The adoption of performance-based guidelines for the earthquake resistant design of structures encourages the use of nonlinear analysis methods in professional engineering practice since they provide more detailed information about the structural response than traditional design procedures. Besides the need for more accurate computational models, it is equally important to assess the efficiency and cost of the analysis, which directly, depend on the efficiency and cost of the deployed nonlinear elements. Because of the good compromise between accuracy and computational efficiency, frame elements are commonly used in earthquake engineering practice. In this context distributed inelasticity beam-column elements with the integration of the inelastic material response over the cross-section, commonly called fiber beam-column elements, offer a high level of accuracy and flexibility in modeling the 3D inelastic response of structural members. Concentrated plasticity (point hinge) models are more economical and widely used for the simulation of the hysteretic response of frames.

Work within this topic is, on one side, focused on the development of new, advanced, 3D frame elements that take into account material nonlinearities, geometrical nonlinearities, effects of distributed plasticity and others. One newly developed element is the GP element (https://link.springer.com/chapter/10.1007/978-94-007-6573-3_3). This beam-column element with section resultant plasticity offers a good compromise between accuracy and computational cost and possess significant capabilities for the description of the global and local response of frames under monotonic and cyclic loading conditions. In the proposed element, the concept of the generalized plasticity is extended to section resultants and element deformations and is used to describe the hysteretic behavior of the plastic hinges forming at the element ends.
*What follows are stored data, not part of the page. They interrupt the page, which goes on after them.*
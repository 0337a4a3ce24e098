-- ===== src/Scene/Switches.antt =====
-- The switches of the program: crates/api/src/routes/switching.rs.
use shed.Prelude.{
  if◌then◌else◌, Bool-cases, is_some, is_none, ℕ, ◌≡◌, refl, ap, ◌∙◌, inl, inr, true, false, none,
  some, List, [], ◌∷◌, map, arith,
}
use shed.Prelude.Maps.{lookup}
use shed.Stream.{is_live}
use shed.Media.{forget_relay, Media, drop_compositor}
use shed.Scene.{
  Mixer, stop_scene_compositor, stop_each, stop_all_compositors, source_live, cut, auto,
}
use shed.Scene.Active.{compositors-stop_all, relays-stop_all}

states-stop_each :
    (ids : List ℕ) (m : Media) → (stop_each ids m).ingest.source_states ≡ m.ingest.source_states
unfolding stop_each stop_scene_compositor drop_compositor forget_relay
states-stop_each [] m = refl
states-stop_each (id ∷ ids) m = states-stop_each ids (stop_scene_compositor id m)

-- The states of the sources outlive their compositors.
states-stop_all :
    (m : Media) → (stop_all_compositors m).ingest.source_states ≡ m.ingest.source_states
unfolding stop_all_compositors
states-stop_all m = states-stop_each (map (λ e. e.0) m.scene_compositors) m

-- A cut to a source that is live puts it on program with its relay as it was, and stops every
-- compositor; a cut to one that is not is refused and changes nothing. The source is none that a compositor makes.
pub cut-Switches :
    (id : ℕ) (s : Mixer)
    → lookup s.media.scene_compositors id ≡ none
    → let (refused, s') = cut id s in
      (is_none refused ≡ source_live s id)
      × (s'.program_intent ≡ (if source_live s id then some id else s.program_intent))
      × (lookup s'.media.ingest.media_relays id ≡ lookup s.media.ingest.media_relays id)
      × ((j : ℕ)
          → lookup s'.media.scene_compositors j
            ≡ (if source_live s id then none else lookup s.media.scene_compositors j))
unfolding cut
cut-Switches id s h = elim (Bool-cases (source_live s id)) [
  | inl e ↦
      rw (cut, e)
        (
          refl,
          refl,
          ground (arith, relays-stop_all id s.media, h),
          λ j. compositors-stop_all j s.media,
        )
  | inr e ↦ rw (cut, e) (refl, refl, refl, λ j. refl)
]

-- A cut to a scene that is on air succeeds and takes it off: it stops the scene's own compositor and
-- drops its relay, puts the scene on program, and the scene is still taken for live.
pub cut_to_scene_ends_it :
    (id : ℕ) (s : Mixer)
    → source_live s id ≡ true
    → is_some (lookup s.media.scene_compositors id) ≡ true
    → let (refused, s') = cut id s in
      (refused ≡ none)
      × (s'.program_intent ≡ some id)
      × (lookup s'.media.scene_compositors id ≡ none)
      × (lookup s'.media.ingest.media_relays id ≡ none)
      × (source_live s' id ≡ true)
unfolding cut
cut_to_scene_ends_it id s live runs =
    rw (cut, live)
      (
        refl,
        refl,
        compositors-stop_all id s.media,
        ground (arith, relays-stop_all id s.media, runs),
        ap (λ states. is_live (lookup states id)) (states-stop_all s.media) ∙ live,
      )

-- The transition puts a previewed source on program that has gone offline since, where a cut to it
-- is refused.
pub auto_ignores_liveness :
    (id : ℕ) (s : Mixer)
    → s.preview_source ≡ some id
    → source_live s id ≡ false
    → ((auto s).0 ≡ none)
      × ((auto s).1.program_intent ≡ some id)
      × (is_some (cut id s).0 ≡ true)
      × ((cut id s).1 ≡ s)
unfolding auto cut
auto_ignores_liveness id s h e = rw (auto, h, cut, e) (refl, refl, refl, refl)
On the other side, the existing frame elements are improved by implementing different numerical algorithms for specific tasks within the state determination process. In fiber beam-column elements, each monitored section is discretized into fibers (or material integration points) which affords the possibility of describing the complex response of structural member. This approach also allows for consideration of residual stresses in steel members, and gradual yielding or cracking of structural members. The computational cost of the fiber beam-column element is directly dependent on the number of fibers in each monitored section. For these reasons, the development of optimal section integration scheme is of high importance. Besides, the “advanced” discretization schemes are developed that activate only when needed, which keeps the same accuracy of the fiber beam-column element but decrease computational time (costs) several times.